說起來,這位左姑娘將來可是書香弟媳,書香這般熱心的問,羅夫人善解人意,一早笑道:「桃依說她這位小姑子為人溫婉,性子謙和,最是好相處,你且將心放在肚裡吧。」

聽得左姑娘為人謙和好相處,書香始放下心來。

眾人這裡取笑她才幾歲,便頗有長嫂如母的風範。

一時裡宴罷,五月的邊城天氣已暖,羅夫人便帶了眾人去後園子裡休息賞景,叫了戲斑子裡的遠遠在柳亭裡把些輕軟的調子唱著,又特意替郭勝與裴歡歡抬了一架低矮的胡床上,鋪上厚厚的毯子,將兩兒放到上面去爬,眾人看著取樂兒。

郭勝與裴歡歡倒似兩世的冤家似的,兩人四條小肉腿兒一個朝前爬一個朝後退,本來互不相干,可是總能爬到一起,踹打起來。

裴歡歡年紀小,但踹起郭勝來毫不腳軟,漲紅了臉憋足了力氣的踹,引的眾人直笑。

這裡還未及笑完,外面已經有人引的蘭萱來了,進來見過禮便向書香稟報:「俊大爺跟個男的來了,說是老爺的二弟。」

眾人皆不知裴東明家事,但書香熟知這些事,早變了臉色,向羅夫人告了個罪,便要回家去。

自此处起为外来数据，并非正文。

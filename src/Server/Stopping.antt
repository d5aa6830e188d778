-- ===== src/Server/Stopping.antt =====
-- StopServer of pkg/server/server.go.
use jobs.Prelude.{Text, Assoc, All, ◌≡◌, none, refl, false}
use jobs.Job.{Job, Sys, returns, blocks}
use jobs.Supervisor.{stop_all, all_done}
use jobs.Supervisor.Shutdown.{
  IsDone, IsFree, IsRemoved, stop_supervisor_removes, stop_supervisor_blocks,
}
use jobs.Server.{JobServer, stop_server}

-- Once the threads of the jobs have closed the channel of each, no job has an open log reader and
-- the directories can be removed, StopServer returns, every job of its table is removed, and the
-- owners stay.
pub stop_server_removes :
    (sys later : Sys) (meanwhile : Assoc Job → Assoc Job) (s : JobServer)
    → All IsDone (meanwhile (stop_all sys s.jobs.jobs))
    → All IsFree (meanwhile (stop_all sys s.jobs.jobs))
    → ((dir : Text) → later.remove_all dir ≡ none)
    → (t : JobServer) × (stop_server sys meanwhile later s ≡ returns t)
      × All IsRemoved t.jobs.jobs
      × (t.auth ≡ s.auth)
unfolding stop_server
stop_server_removes sys later meanwhile s d f r =
    let (t, e, all) = stop_supervisor_removes sys later meanwhile s.jobs d f r in
    (record s { jobs = t }, rw e refl, all, refl)

pub stop_server_blocks :
    (sys later : Sys) (meanwhile : Assoc Job → Assoc Job) (s : JobServer)
    → all_done (meanwhile (stop_all sys s.jobs.jobs)) ≡ false
    → stop_server sys meanwhile later s ≡ blocks
unfolding stop_server
stop_server_blocks sys later meanwhile s h =
    rw (stop_supervisor_blocks sys later meanwhile s.jobs h) refl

羅夫人只當她頭回見婆家的人,太過緊張之故,臉色都變了,豈不知她心中隱隱興奮,倒想著他們沒找回去,這會子既然裴家人找了來,設若這當弟弟的真不是個好的,倒讓她逮著機會替自家夫君出出惡氣。

裴家大廳裡,生兒侍立在旁,裴東寧大模大樣坐在大廳首位,喝了口僕婦端上來的熱茶,端詳著大廳裡的陳設,側頭問裴東俊:「發財了他?」

裴東俊苦著臉勸他:「甯兄弟,你能安生點兒嗎?」

他年後販貨回去,著實賺了一筆。本來裴東明這事他咬死也不吐口,也只是稍微向著家中娘子透露一二,婦人在外被人恭維了幾次,便忍不住要顯擺,一分添作了三分,向人炫耀了一下裴東明如今發跡了……還當過將軍……

此事驚動了族老,特意叫了裴東俊過去,問了問他裴東明之事。

裴東明心道:以前他被父母見棄的時候也沒見你們一個個撲上來,如今聽得他發跡了,倒都來找我打問。

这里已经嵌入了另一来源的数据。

-- ===== src/Server/Draining.antt =====
-- StopServer on a server whose jobs run: its wait comes to an end.
mod Examples
use jobs.Prelude.{
  Text, Assoc, All, List, [], ◌∷◌, Option, none, ◌≡◌, ◌≢◌, refl, sym, ap, ◌∙◌, arith, false,
}
use jobs.Job.{Job, Sys, returns, blocks, zombie}
use jobs.Job.Api
use jobs.Job.Threads.{World, call_init_stop, step, IsFresh, Reach, next}
use jobs.Job.Draining.{Drains, job-Drains}
use jobs.Supervisor.{stop_all, all_done}
use jobs.Supervisor.Shutdown.{IsDone, IsFree, IsRemoved}
use jobs.Server.{JobServer, stop_server}
use jobs.Server.Stopping.{stop_server_removes, stop_server_blocks}

-- A job somewhere in a run from New, which is not removed and whose lock is free.
abbrev pub IsLive : Text × Job → Type 0
IsLive (id, j) =
    (o : World) × (v : World) × IsFresh o
    × Reach o v
    × (v.job ≡ j)
    × (v.job.handler ≢ zombie)
    × (v.cleaning ≡ false)

-- The second table is the first, after each job has ended by its own steps.
pub data Emptied (sys : Sys) : Assoc Job → Assoc Job → Type 0 where
  all_ended : Emptied sys [] []
  and_ended :
      {id : Text} {j : Job} {v u : World} {m n : Assoc Job}
      → v.job ≡ j
      → Drains sys v u
      → Emptied sys m n
      → Emptied sys ((id, j) ∷ m) ((id, u.job) ∷ n)

init_stop-alive :
    (sys : Sys) (j : Job)
    → j.handler ≢ zombie
    → (Api.init_stop sys j 10_000_000_000).0.handler ≢ zombie
unfolding Api.init_stop
init_stop-alive sys j n z = n (ground arith)

asked-step :
    (sys : Sys) (v : World)
    → v.cleaning ≡ false
    → step sys v (call_init_stop 10_000_000_000)
      ≡ returns (record v { job = (Api.init_stop sys v.job 10_000_000_000).0 })
unfolding step
asked-step sys v c = rw c refl

stop_all-Emptied :
    (sys : Sys) (m : Assoc Job)
    → All IsLive m
    → (n : Assoc Job) × Emptied sys (stop_all sys m) n × All IsDone n × All IsFree n
unfolding stop_all
stop_all-Emptied sys [] a = ([], all_ended, tt, tt)
stop_all-Emptied sys ((id, j) ∷ m) ((o, v, f, r, e, z, c), a) =
    let (n, b, d, u) = stop_all-Emptied sys m a in
    let (w, run, q, _) =
      job-Drains f (next r sys (call_init_stop 10_000_000_000) (asked-step sys v c))
        (init_stop-alive sys v.job z) c sys in
    (
      (id, w.job) ∷ n,
      and_ended (ap (λ k. (Api.init_stop sys k 10_000_000_000).0) e) run b,
      (q.done, d),
      (q.unread, u),
    )

-- On a server whose jobs are in the middle of their runs, none of them removed or in a Cleanup,
-- StopServer can always come to its end: after the stop requests of its first loop, the processes,
-- their goroutines and the open readers may end by their own steps, without any call, so that its
-- wait is over, no Cleanup waits, and, if the directories can be removed, every job of its table is
-- removed, and the owners stay. While a job is not done StopServer blocks.
pub stop_server_can_end :
    (sys later : Sys) (s : JobServer)
    → All IsLive s.jobs.jobs
    → ((dir : Text) → later.remove_all dir ≡ none)
    → (n : Assoc Job) × Emptied sys (stop_all sys s.jobs.jobs) n
      × ((t : JobServer) × (stop_server sys (λ m. n) later s ≡ returns t)
          × All IsRemoved t.jobs.jobs
          × (t.auth ≡ s.auth))
      × ((meanwhile : Assoc Job → Assoc Job)
          → all_done (meanwhile (stop_all sys s.jobs.jobs)) ≡ false
          → stop_server sys meanwhile later s ≡ blocks)
stop_server_can_end sys later s a r =
    let (n, e, d, f) = stop_all-Emptied sys s.jobs.jobs a in
    (
      n,
      e,
      stop_server_removes sys later (λ m. n) s d f r,
      λ meanwhile b. stop_server_blocks sys later meanwhile s b,
    )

依著裴東明的性子,反正應付這些人綽綽有餘,索性一五一十告訴了族老,甚直自己被他帶著進入四品府衙如入自家庭院……

裴家族長,說穿了不過是一輩子窩在裴家坳的一個老漢,比旁的人袓產多一些,多讀了些書,平時最愛擺出處事公允的面孔來……至於事實上如何,眾人心知肚明。

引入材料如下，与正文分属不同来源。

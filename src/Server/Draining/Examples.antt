-- ===== src/Server/Draining/Examples.antt =====
-- An instance: a server with one job that runs.
use jobs.Prelude.{text, Assoc, All, [], ◌∷◌, ◌≡◌, refl, false}
use jobs.Job.{Job, returns, blocks}
use jobs.Job.Threads.{IsFresh, here}
use jobs.Supervisor.{stop_all, all_done}
use jobs.Supervisor.Shutdown.{IsRemoved}
use jobs.Server.{JobServer, stop_server}
use jobs.Server.Draining.{Emptied, stop_server_can_end}
use jobs.Fixtures.{all_ok, server, supervisor, job, world}

abbrev busy : JobServer
busy = record server { jobs = record supervisor { jobs = (text "j1", job) ∷ [] } }

world-IsFresh : IsFresh world
world-IsFresh = record {
  is_active = refl;
  not_done = refl;
  no_readers = (refl, refl);
  none_open = (refl, refl);
  not_exited = refl;
  not_cleaning = refl;
}

stop_server_can_end_example :
    (n : Assoc Job) × Emptied all_ok (stop_all all_ok busy.jobs.jobs) n
    × ((t : JobServer) × (stop_server all_ok (λ m. n) all_ok busy ≡ returns t)
        × All IsRemoved t.jobs.jobs
        × (t.auth ≡ busy.auth))
    × ((meanwhile : Assoc Job → Assoc Job)
        → all_done (meanwhile (stop_all all_ok busy.jobs.jobs)) ≡ false
        → stop_server all_ok meanwhile all_ok busy ≡ blocks)
stop_server_can_end_example =
    stop_server_can_end all_ok all_ok busy
      ((world, world, world-IsFresh, here, refl, (λ e. cc), refl), tt) (λ d. refl)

族長聽得這些,便使人去將裴東明生父養父均叫了來狠狠訓了一頓,只道他們放著兒子不管,如今兒子發跡了,也應該來往來往,讓他為族裡帶些好處來。

裴九裴十六抹不開面子,兄弟二人便商議,派了裴東寧前來。

裴東寧自小便不喜歡這個哥哥,只因他娘一向喜歡在他耳邊念叨,他這個哥哥是專來奪他家產的,因此他懂事之後總視裴東明為仇人一般。裴東明小時候一度很喜歡這位弟弟,好多次總喜歡帶著他玩,後來在養母的有意引導之下,兄弟兩個漸成陌路了了。

在裴東寧的印象裡,這位大哥從來諾諾,父母說什麼便是什麼,無一絲反抗的意識,連他的無理要求也總是不拒,被父母逼著搬到那個破草棚子裡的時候,也只是挾著自己的鋪蓋捲兒自去了,連多要幾兩銀子都不曾。

如今進得他家,見得高門大院,僕從不少,心中已經認定了這家產是自己的囊中之物,行事早張狂起來了。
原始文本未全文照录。